To use Ray Casting, I have a class called CollisionDetector with several static methods. The first method I use for ray casting is called rayCastingCollision. It looks like this:

public static function rayCastingCollision(lineStart:Vector2D, lineEnd:Vector2D, shapes:Array):Boolean {
//shapes is an array of BaseShapes
for(var i:int = 0; i < shapes.length; i++) {
if(shapes[i] is Circle) {
//if the shape is a circle
if(circleLineTest(shapes[i], lineStart, lineEnd)) {//do a circle test
return true;
}

} else {//if it's not a circle
//it's a polygon
var line:Array = bresenhamLine(lineStart, lineEnd);//create an line
for(var j:int = 0; j < line.length; j++) {
if(pointInPoly(line[j], shapes[i])) {//check the polygon
return true;

}
}
}
}
return false;
}

Lets start with the line circle collision. It’s relatively simple to do.


private static function circleLineTest(circle:Circle, lineStart:Vector2D, lineEnd:Vector2D):Boolean {
//set up some variables we will use to check for a collision
var d:Vector2D = lineEnd.cloneVector().subtract(lineStart);
//vector representing the length of the line
var f:Vector2D = lineStart.cloneVector().subtract(circle.position);
//vector representing distance from start of line to circle center
var a:Number = d.dotProduct(d);

var b:Number = 2 * f.dotProduct(d);

var c:Number = f.dotProduct(f) - circle.radius * circle.radius;

var discrm:Number = b * b - 4 * a * c;
//quadric equation
if(discrm < 0) {

return false;

} else {

discrm = Math.sqrt(discrm);

var t1:Number = (-b + discrm) / (2 * a);

var t2:Number = (-b - discrm) / (2 * a);

if(t1 >= 0 && t1 <= 1) {

return true

} else {

return false

}

}

return false

}

The next part of the code involves polygon line collisions. These are a bit more difficult because we don’t know anything about the polygon. It could be concave or convex, it doesn’t really matter. The first thing we do is create an array of Vector2D’s to represent the line using the Bresenham Algorithm, which is the fastest way to create a line between two points.
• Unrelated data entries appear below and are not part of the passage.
-- ===== src/Sync/Prune/Transaction.antt =====
-- What the transaction of a tick leaves: all of its writes with a count, none with an error.
use rize_backend.Base.{ℕ, ◌-◌, ◌≡◌, ◌⊎◌, inl, inr, refl, ap, Bool, some, List, [], ◌∷◌}
use mathlib.Core.Path.{subst}
use rize_backend.Base.Action.{◌>>=◌}
use rize_backend.Base.Action.Ensures.{
  Outcome, Ensures, pure-Ensures, give-Ensures, pure_then, read_then, >>=-Ensures, write-Ensures,
  weaken,
}
use rize_backend.Base.Result.{Result, ok, err, or_fail-eq-ok}
use rize_backend.Instant.{Time}
use rize_backend.Sync.Changelog.{Entry, Db}
use rize_backend.Sync.Prune.{
  Pruner, Call, PruneError, Session, idle, Step, call, begin_tx, exec, commit_tx, delete_rows_of,
  move_horizon, deleted_count, select_changelog_prune_batch, int32_limit, prune_victims, prune_tx,
  deferred, prune_session, prune_once, delete_rows, advance_horizon, select_batch,
}

-- Both writes of a batch.
abbrev pub pruned : List Entry → Db → Db
pruned [] db = db
pruned (v ∷ victims) db = move_horizon (v ∷ victims) (delete_rows_of (v ∷ victims) db)

abbrev pub count_of : List Entry → Db → ℕ
count_of [] db = 0
count_of (v ∷ victims) db = deleted_count (v ∷ victims) db.changelog

-- Nothing of a failed transaction is visible.
abbrev Unseen : Db → PruneError → Session → Type 0
Unseen db e s = s.shown ≡ db

-- A transaction that has made `db` of the visible one.
abbrev in_tx : Db → Db → Session
in_tx shown db = record { shown = shown; pending = some db }

module _ (fails : Call → Bool) {A : Type 0} {Q : A → Session → Type 0} (seen db : Db)
    (k : Unit {0} → Step A) where
  call_then :
      (c : Call) {s : Session}
      → s.shown ≡ seen
      → Ensures Q (Unseen seen) (k tt) s
      → Ensures Q (Unseen seen) (call fails c >>= k) s
  unfolding call
  call_then c same h = pure_then _ (λ _ _. h) (λ _ _. same)

  exec_then :
      (c : Call) (change : Db → Db)
      → Ensures Q (Unseen seen) (k tt) (in_tx seen (change db))
      → Ensures Q (Unseen seen) (exec fails c change >>= k) (in_tx seen db)
  unfolding exec call
  exec_then c change h =
      >>=-Ensures (>>=-Ensures (pure-Ensures _ (λ _ _. write-Ensures _ h) (λ _ _. refl)))

  commit_then :
      Ensures Q (Unseen seen) (k tt) (idle db)
      → Ensures Q (Unseen seen) (commit_tx fails >>= k) (in_tx seen db)
  unfolding commit_tx call
  commit_then h =
      >>=-Ensures (>>=-Ensures (pure-Ensures _ (λ _ _. write-Ensures _ h) (λ _ _. refl)))

  begin_then :
      Ensures Q (Unseen seen) (k tt) (in_tx seen seen)
      → Ensures Q (Unseen seen) (begin_tx fails >>= k) (idle seen)
  unfolding begin_tx call
  begin_then h = >>=-Ensures (>>=-Ensures (pure-Ensures _ (λ _ _. write-Ensures _ h) (λ _ _. refl)))

-- A committed batch.
pub record IsCommit (victims : List Entry) (db : Db) (n : ℕ) (s : Session) : Type 0 where
  pub count : n ≡ count_of victims db
  pub left : s ≡ idle (pruned victims db)

same_ok : {m n : ℕ} → ◌≡◌ {A = Result PruneError ℕ} (ok m) (ok n) → n ≡ m
same_ok h = cc

same_victims :
    {vs ws : List Entry} → ◌≡◌ {A = Result PruneError (List Entry)} (ok vs) (ok ws) → vs ≡ ws
same_victims h = cc

prune_victims-IsCommit :
    (fails : Call → Bool) (victims : List Entry) (db : Db)
    → Ensures (IsCommit victims db) (Unseen db) (prune_victims fails victims) (in_tx db db)
unfolding prune_victims
prune_victims-IsCommit fails [] db =
    commit_then fails db db _ (give-Ensures 0 (record { count = refl; left = refl }))
prune_victims-IsCommit fails (v ∷ victims) db =
    read_then _
      (λ n counted. exec_then fails db db _ delete_rows (delete_rows_of (v ∷ victims)) (
        exec_then fails db _ _ advance_horizon (move_horizon (v ∷ victims)) (
          commit_then fails db _ _
            (give-Ensures n (record { count = same_ok counted; left = refl })))))
      (λ _ _. refl)

-- What a tick that returns a count did: it pruned a batch of the table.
pub record IsPrune (p : Pruner) (now : Time) (db : Db) (n : ℕ) (s : Session) : Type 0 where
  pub limit : ℕ
  pub limited : int32_limit p.batch_size ≡ some limit
  pub committed :
      IsCommit (select_changelog_prune_batch (now - p.max_age) limit db.changelog) db n s

prune_tx-IsPrune :
    (p : Pruner) (fails : Call → Bool) (now : Time) (db : Db)
    → Ensures (IsPrune p now db) (Unseen db) (prune_tx p fails now) (idle db)
unfolding prune_tx
prune_tx-IsPrune p fails now db =
    pure_then _
      (λ _ _.
        pure_then _
          (λ _ _.
            pure_then _
              (λ _ _. begin_then fails db db _ (
                call_then fails db db _ select_batch refl (
                  pure_then _
                    (λ limit found_limit.
                      read_then _
                        (λ victims found.
                          subst
                            (λ vs.
                              Ensures (IsPrune p now db) (Unseen db) (prune_victims fails vs)
                                (in_tx db db))
                            (same_victims found)
                            (weaken
                              (λ n s done. record {
                                limit = limit;
                                limited = or_fail-eq-ok _ _ found_limit;
                                committed = done;
                              })
                              (λ _ _ h. h)
                              (prune_victims-IsCommit fails
                                (select_changelog_prune_batch (now - p.max_age) limit db.changelog)
                                db)))
                        (λ _ _. refl))
                    (λ _ _. refl))))
              (λ _ _. refl))
          (λ _ _. refl))
      (λ _ _. refl)

-- Both writes of a batch with a count, neither with an error.
abbrev pub IsDone : Pruner → Time → Db → Result PruneError ℕ → Session → Type 0
IsDone p now db (ok n) s = IsPrune p now db n s
IsDone p now db (err e) s = s ≡ idle db

pub prune_session-IsDone :
    (p : Pruner) (fails : Call → Bool) (now : Time) (db : Db)
    → IsDone p now db
        (prune_session p fails now (idle db)).0
        (prune_session p fails now (idle db)).1
unfolding prune_session deferred
prune_session-IsDone p fails now db =
    go (prune_tx p fails now (idle db)) (prune_tx-IsPrune p fails now db).outcome
  where
    go :
        (r : Result PruneError ℕ × Session)
        → Outcome (IsPrune p now db) (Unseen db) r.0 r.1
        → IsDone p now db (deferred r).0 (deferred r).1
    go (ok m, s) k = k
    go (err x, s) k = ap idle k

-- A tick with a count.
pub prune_session-IsPrune :
    (p : Pruner) (fails : Call → Bool) (now : Time) (db : Db) (n : ℕ)
    → (prune_session p fails now (idle db)).0 ≡ ok n
    → IsPrune p now db n (prune_session p fails now (idle db)).1
prune_session-IsPrune p fails now db n h =
    subst (λ r. IsDone p now db r (prune_session p fails now (idle db)).1) h
      (prune_session-IsDone p fails now db)

-- What a tick makes visible.
pub prune_once-shown :
    (p : Pruner) (fails : Call → Bool) (now : Time) (db : Db)
    → ((prune_once p fails now db).1 ≡ db)
      ⊎ (limit : ℕ) × ((prune_once p fails now db).1
          ≡ pruned (select_changelog_prune_batch (now - p.max_age) limit db.changelog) db)
unfolding prune_once
prune_once-shown p fails now db =
    go (prune_session p fails now (idle db)).0 (prune_session p fails now (idle db)).1
      (prune_session-IsDone p fails now db)
  where
    go :
        (r : Result PruneError ℕ) (s : Session)
        → IsDone p now db r s
        → (s.shown ≡ db)
          ⊎ (limit : ℕ) × (s.shown
              ≡ pruned (select_changelog_prune_batch (now - p.max_age) limit db.changelog) db)
    go (ok n) s done = inr (done.limit, ap (λ s. s.shown) done.committed.left)
    go (err e) s same = inl (ap (λ s. s.shown) same)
public static function bresenhamLine(start:Vector2D, end:Vector2D):Array {
var points:Array = []; //the array of all the points on the line
var steep:Boolean = Math.abs(end.y - start.y) > Math.abs(end.x - start.x);
//check if rise is greater than run
var swapped:Boolean = false;
if(steep) {
start = swap(start.x, start.y); //reflecting the line
end = swap(end.x, end.y);
}
if(start.x > end.x) { //make sure the line goes downward
var t:Number = start.x;
start.x = end.x;
end.x = t;
t = start.y;
start.y = end.y;
end.y = t;
swapped = true;
}
var deltax:Number = end.x - start.x; //x slope
var deltay:Number = Math.abs(end.y - start.y); //y slope, positive because the lines always go down
var error:Number = deltax / 2; //error is used instead of tracking the y values.
var ystep:Number;
var y:Number = start.y;
if(start.y < end.y) {
ystep = 1;
} else {
ystep = -1;
}
for(var x:int = start.x; x < end.x; x++) { //for each point
if(steep) {
points.push(new Vector2D(y, x)); //if its steep, push flipped version
} else {
points.push(new Vector2D(x, y)); //push normal
}
error -= deltay; //change the error
if(error < 0) {
y += ystep; //if the error is too much, adjust the ystep
error += deltax;
}
}
if(swapped) {
points.reverse();
}
return points;
}

That’s nothing to complicated. It just creates a bunch of points along the line to allow us to test if there is a collision between the polygon and line.
Finally we run this simple function to check if there is a collision between the line and polygon:

public static function pointInPoly(point:Vector2D, poly:Polygon):Boolean {
var sides:int = poly.transformedVertices.length; //amount of sides the polygon has
var i:int = 0;
var j:int = sides - 1;
var oddNodes:Boolean = false; //how many sides have we passed through?
for(i = 0; i < sides; i++) { //for each side
if((poly.transformedVertices[i].y < point.y && poly.transformedVertices[j].y >= point.y) || (poly.transformedVertices[j].y < point.y && poly.transformedVertices[i].y >= point.y)) { //detect edges
if(poly.transformedVertices[i].x + (point.y - poly.transformedVertices[i].y) / (poly.transformedVertices[j].y - poly.transformedVertices[i].y) * (poly.transformedVertices[j].x - poly.transformedVertices[i].x) < point.x) { //detect edges
oddNodes = !oddNodes; //if that was an edge, switch oddNodes
}
}
j = i;
}
return oddNodes; //return oddNodes
}

We learned all about this function here, so you can check that out if you want to learn how this function works.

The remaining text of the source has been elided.